● TO DO
Give every line below again, exactly.
------------------------------------------------------------------------
-- ===== src/Gates.antt =====
-- scripts/pd_fleet/gates.py: the results of gates, their transitions, and the data they accept.
-- `none` stands for a GateError. The payloads are decoded JSON, so there are no cycles, no keys but
-- texts and no numbers that are not finite, and `_plain_json` and `_frozen_policy` do what `_safe`
-- does.
pub mod Results
pub mod Policy
pub mod Human
pub mod Scope
pub mod Honest
pub mod Roundtrip
pub mod Verdict
pub mod Approval
use project_development_skil.Base.{
  String, Bool, true, false, not, ◌&&◌, ◌||◌, Option, none, some, List, [], ◌∷◌, str_eq,
  if◌then◌else◌, is_nil, is_blank, strip, casefold,
}
use project_development_skil.Store.Batch.{mem}
use project_development_skil.Value.{
  Value, Fields, Items, null, boolean, number, string, arr, obj, end, field, nil, cons, get,
}

pub data GateStatus : Type 0 where
  pending running passed failed blocked : GateStatus

-- GateType, by its values
abbrev pub gate_types : List String
gate_types = "review" ∷ "grill" ∷ "smoke_test" ∷ "evidence" ∷ []

abbrev pub value : GateStatus → String
value pending = "pending"
value running = "running"
value passed = "passed"
value failed = "failed"
value blocked = "blocked"

unfoldable pub of_value : String → Option GateStatus
of_value s =
    if str_eq s "pending"
    then some pending
    else if str_eq s "running"
    then some running
    else if str_eq s "passed"
    then some passed
    else if str_eq s "failed"
    then some failed
    else if str_eq s "blocked"
    then some blocked
    else none

-- _VALID_TRANSITIONS
abbrev pub allowed : GateStatus → GateStatus → Bool
allowed pending running = true
allowed pending blocked = true
allowed running passed = true
allowed running failed = true
allowed running blocked = true
allowed failed running = true
allowed blocked running = true
allowed _ _ = false

abbrev pub items_of : Option Value → Option Items → Option Items
items_of (some v) (some vs) = some (cons v vs)
items_of _ _ = none

abbrev pub fields_of : String → Option Value → Option Fields → Option Fields
fields_of k (some v) (some fs) = if is_nil k then none else some (field k v fs)
fields_of k _ _ = none

abbrev pub in_arr : Option Items → Option Value
in_arr none = none
in_arr (some vs) = some (arr vs)

abbrev pub in_obj : Option Fields → Option Value
in_obj none = none
in_obj (some fs) = some (obj fs)

-- _safe
unfoldable mutual
  pub safe : Value → Option Value
  safe null = some null
  safe (boolean b) = some (boolean b)
  safe (number n) = some (number n)
  safe (string s) = some (string s)
  safe (arr vs) = in_arr (safe_items vs)
  safe (obj fs) = in_obj (safe_fields fs)

  pub safe_items : Items → Option Items
  safe_items nil = some nil
  safe_items (cons v vs) = items_of (safe v) (safe_items vs)

  pub safe_fields : Fields → Option Fields
  safe_fields end = some end
  safe_fields (field k v fs) = fields_of k (safe v) (safe_fields fs)

-- _text, of a text that is required, and of one that is not
unfoldable pub required_text : Value → Option String
unfolding is_blank strip
required_text (string s) = if is_blank s then none else some (strip s)
required_text _ = none

unfoldable pub optional_text : Value → Option (Option String)
unfolding strip
optional_text null = some none
optional_text (string s) = some (some (strip s))
optional_text _ = none

-- _status
unfoldable pub status_of : Value → Option GateStatus
unfolding of_value
status_of (string s) = of_value s
status_of _ = none

-- _items
abbrev pub items : Value → Option Items
items null = some nil
items (arr vs) = some vs
items _ = none

-- _safe(_items(value, name))
unfoldable pub safe_list : Value → Option Items
unfolding safe_items
safe_list v = elim (items v) [ none ↦ none | some vs ↦ safe_items vs ]

abbrev is_filled : Option Value → Bool
is_filled (some (string s)) = not (is_blank s)
is_filled _ = false

-- One item of a list of references.
unfoldable pub is_reference : Value → Bool
unfolding get is_blank
is_reference (string s) = not (is_blank s)
is_reference (obj fs) =
    is_filled (get "ref" fs)
    || (is_filled (get "id" fs) || (is_filled (get "path" fs) || is_filled (get "name" fs)))
is_reference _ = false

abbrev pub all_items : (Value → Bool) → Items → Bool
all_items p nil = true
all_items p (cons v vs) = p v && all_items p vs

abbrev pub any_items : (Value → Bool) → Items → Bool
any_items p nil = false
any_items p (cons v vs) = p v || any_items p vs

-- _references
unfoldable pub references : Value → Option Items
unfolding safe_list is_reference
references v = elim (safe_list v) [
  | none ↦ none
  | some vs ↦ if all_items is_reference vs then some vs else none
]

abbrev known_severities : List String
known_severities = "blocker" ∷ "critical" ∷ "high" ∷ "medium" ∷ "low" ∷ "info" ∷ []

abbrev closed_statuses : List String
closed_statuses = "closed" ∷ "resolved" ∷ "done" ∷ "passed" ∷ []

abbrev open_statuses : List String
open_statuses = "open" ∷ "pending" ∷ "active" ∷ "in_progress" ∷ "in-progress" ∷ "unresolved" ∷ []

abbrev grave_severities : List String
grave_severities = "blocker" ∷ "critical" ∷ "high" ∷ []

-- A blocker by its severity and its status, normalised
unfoldable pub is_open : String → String → Bool
is_open severity status =
    if not (mem severity known_severities)
      || not (mem status open_statuses || mem status closed_statuses)
    then true
    else not (mem status closed_statuses) && mem severity grave_severities

abbrev pub or_else : Option Value → Option Value → Option Value
or_else none w = w
or_else (some v) w = some v

abbrev open_texts : Option Value → Option Value → Bool
unfolding is_open casefold strip
open_texts (some (string severity)) (some (string status)) =
    is_open (casefold (strip severity)) (casefold (strip status))
open_texts _ _ = true

-- _open_blocker
unfoldable pub open_blocker : Value → Bool
unfolding get is_open casefold strip
open_blocker (obj fs) = open_texts (or_else (get "severity" fs) (get "level" fs)) (get "status" fs)
open_blocker _ = true

pub record GateResult : Type 0 where
  pub gate_id : String
  pub gate_type : String
  pub status : GateStatus
  pub owner : Option String
  pub decision : Option String
  pub blockers : Items
  pub evidence : Items
  pub reports : Items
  pub details : Fields

-- `bool(x)`
abbrev pub is_given : Option String → Bool
is_given none = false
is_given (some s) = not (is_nil s)

abbrev pub has_items : Items → Bool
has_items nil = false
has_items (cons v vs) = true

-- _passes_gate_contract
unfoldable pub passes_gate_contract : GateResult → Bool
unfolding open_blocker
passes_gate_contract g =
    (is_given g.owner && (is_given g.decision && (has_items g.evidence && has_items g.reports)))
    && not (any_items open_blocker g.blockers)

abbrev pub is_passed : GateStatus → Bool
is_passed passed = true
is_passed _ = false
------------------------------------------------------------------------
● TASK SOLUTION
-- ===== src/Gates.antt =====
-- scripts/pd_fleet/gates.py: the results of gates, their transitions, and the data they accept.
-- `none` stands for a GateError. The payloads are decoded JSON, so there are no cycles, no keys but
-- texts and no numbers that are not finite, and `_plain_json` and `_frozen_policy` do what `_safe`
-- does.
pub mod Results
pub mod Policy
pub mod Human
pub mod Scope
pub mod Honest
pub mod Roundtrip
pub mod Verdict
pub mod Approval
use project_development_skil.Base.{
  String, Bool, true, false, not, ◌&&◌, ◌||◌, Option, none, some, List, [], ◌∷◌, str_eq,
  if◌then◌else◌, is_nil, is_blank, strip, casefold,
}
use project_development_skil.Store.Batch.{mem}
use project_development_skil.Value.{
  Value, Fields, Items, null, boolean, number, string, arr, obj, end, field, nil, cons, get,
}

pub data GateStatus : Type 0 where
  pending running passed failed blocked : GateStatus

-- GateType, by its values
abbrev pub gate_types : List String
gate_types = "review" ∷ "grill" ∷ "smoke_test" ∷ "evidence" ∷ []

abbrev pub value : GateStatus → String
value pending = "pending"
value running = "running"
value passed = "passed"
value failed = "failed"
value blocked = "blocked"

unfoldable pub of_value : String → Option GateStatus
of_value s =
    if str_eq s "pending"
    then some pending
    else if str_eq s "running"
    then some running
    else if str_eq s "passed"
    then some passed
    else if str_eq s "failed"
    then some failed
    else if str_eq s "blocked"
    then some blocked
    else none

-- _VALID_TRANSITIONS
abbrev pub allowed : GateStatus → GateStatus → Bool
allowed pending running = true
allowed pending blocked = true
allowed running passed = true
allowed running failed = true
allowed running blocked = true
allowed failed running = true
allowed blocked running = true
allowed _ _ = false

abbrev pub items_of : Option Value → Option Items → Option Items
items_of (some v) (some vs) = some (cons v vs)
items_of _ _ = none

abbrev pub fields_of : String → Option Value → Option Fields → Option Fields
fields_of k (some v) (some fs) = if is_nil k then none else some (field k v fs)
fields_of k _ _ = none

abbrev pub in_arr : Option Items → Option Value
in_arr none = none
in_arr (some vs) = some (arr vs)

abbrev pub in_obj : Option Fields → Option Value
in_obj none = none
in_obj (some fs) = some (obj fs)

-- _safe
unfoldable mutual
  pub safe : Value → Option Value
  safe null = some null
  safe (boolean b) = some (boolean b)
  safe (number n) = some (number n)
  safe (string s) = some (string s)
  safe (arr vs) = in_arr (safe_items vs)
  safe (obj fs) = in_obj (safe_fields fs)

  pub safe_items : Items → Option Items
  safe_items nil = some nil
  safe_items (cons v vs) = items_of (safe v) (safe_items vs)

  pub safe_fields : Fields → Option Fields
  safe_fields end = some end
  safe_fields (field k v fs) = fields_of k (safe v) (safe_fields fs)

-- _text, of a text that is required, and of one that is not
unfoldable pub required_text : Value → Option String
unfolding is_blank strip
required_text (string s) = if is_blank s then none else some (strip s)
required_text _ = none

unfoldable pub optional_text : Value → Option (Option String)
unfolding strip
optional_text null = some none
optional_text (string s) = some (some (strip s))
optional_text _ = none

-- _status
unfoldable pub status_of : Value → Option GateStatus
unfolding of_value
status_of (string s) = of_value s
status_of _ = none

-- _items
abbrev pub items : Value → Option Items
items null = some nil
items (arr vs) = some vs
items _ = none

-- _safe(_items(value, name))
unfoldable pub safe_list : Value → Option Items
unfolding safe_items
safe_list v = elim (items v) [ none ↦ none | some vs ↦ safe_items vs ]

abbrev is_filled : Option Value → Bool
is_filled (some (string s)) = not (is_blank s)
is_filled _ = false

-- One item of a list of references.
unfoldable pub is_reference : Value → Bool
unfolding get is_blank
is_reference (string s) = not (is_blank s)
is_reference (obj fs) =
    is_filled (get "ref" fs)
    || (is_filled (get "id" fs) || (is_filled (get "path" fs) || is_filled (get "name" fs)))
is_reference _ = false

abbrev pub all_items : (Value → Bool) → Items → Bool
all_items p nil = true
all_items p (cons v vs) = p v && all_items p vs

abbrev pub any_items : (Value → Bool) → Items → Bool
any_items p nil = false
any_items p (cons v vs) = p v || any_items p vs

-- _references
unfoldable pub references : Value → Option Items
unfolding safe_list is_reference
references v = elim (safe_list v) [
  | none ↦ none
  | some vs ↦ if all_items is_reference vs then some vs else none
]

abbrev known_severities : List String
known_severities = "blocker" ∷ "critical" ∷ "high" ∷ "medium" ∷ "low" ∷ "info" ∷ []

abbrev closed_statuses : List String
closed_statuses = "closed" ∷ "resolved" ∷ "done" ∷ "passed" ∷ []

abbrev open_statuses : List String
open_statuses = "open" ∷ "pending" ∷ "active" ∷ "in_progress" ∷ "in-progress" ∷ "unresolved" ∷ []

abbrev grave_severities : List String
grave_severities = "blocker" ∷ "critical" ∷ "high" ∷ []

-- A blocker by its severity and its status, normalised
unfoldable pub is_open : String → String → Bool
is_open severity status =
    if not (mem severity known_severities)
      || not (mem status open_statuses || mem status closed_statuses)
    then true
    else not (mem status closed_statuses) && mem severity grave_severities

abbrev pub or_else : Option Value → Option Value → Option Value
or_else none w = w
or_else (some v) w = some v

abbrev open_texts : Option Value → Option Value → Bool
unfolding is_open casefold strip
open_texts (some (string severity)) (some (string status)) =
    is_open (casefold (strip severity)) (casefold (strip status))
open_texts _ _ = true

-- _open_blocker
unfoldable pub open_blocker : Value → Bool
unfolding get is_open casefold strip
open_blocker (obj fs) = open_texts (or_else (get "severity" fs) (get "level" fs)) (get "status" fs)
open_blocker _ = true

pub record GateResult : Type 0 where
  pub gate_id : String
  pub gate_type : String
  pub status : GateStatus
  pub owner : Option String
  pub decision : Option String
  pub blockers : Items
  pub evidence : Items
  pub reports : Items
  pub details : Fields

-- `bool(x)`
abbrev pub is_given : Option String → Bool
is_given none = false
is_given (some s) = not (is_nil s)

abbrev pub has_items : Items → Bool
has_items nil = false
has_items (cons v vs) = true

-- _passes_gate_contract
unfoldable pub passes_gate_contract : GateResult → Bool
unfolding open_blocker
passes_gate_contract g =
    (is_given g.owner && (is_given g.decision && (has_items g.evidence && has_items g.reports)))
    && not (any_items open_blocker g.blockers)

abbrev pub is_passed : GateStatus → Bool
is_passed passed = true
is_passed _ = false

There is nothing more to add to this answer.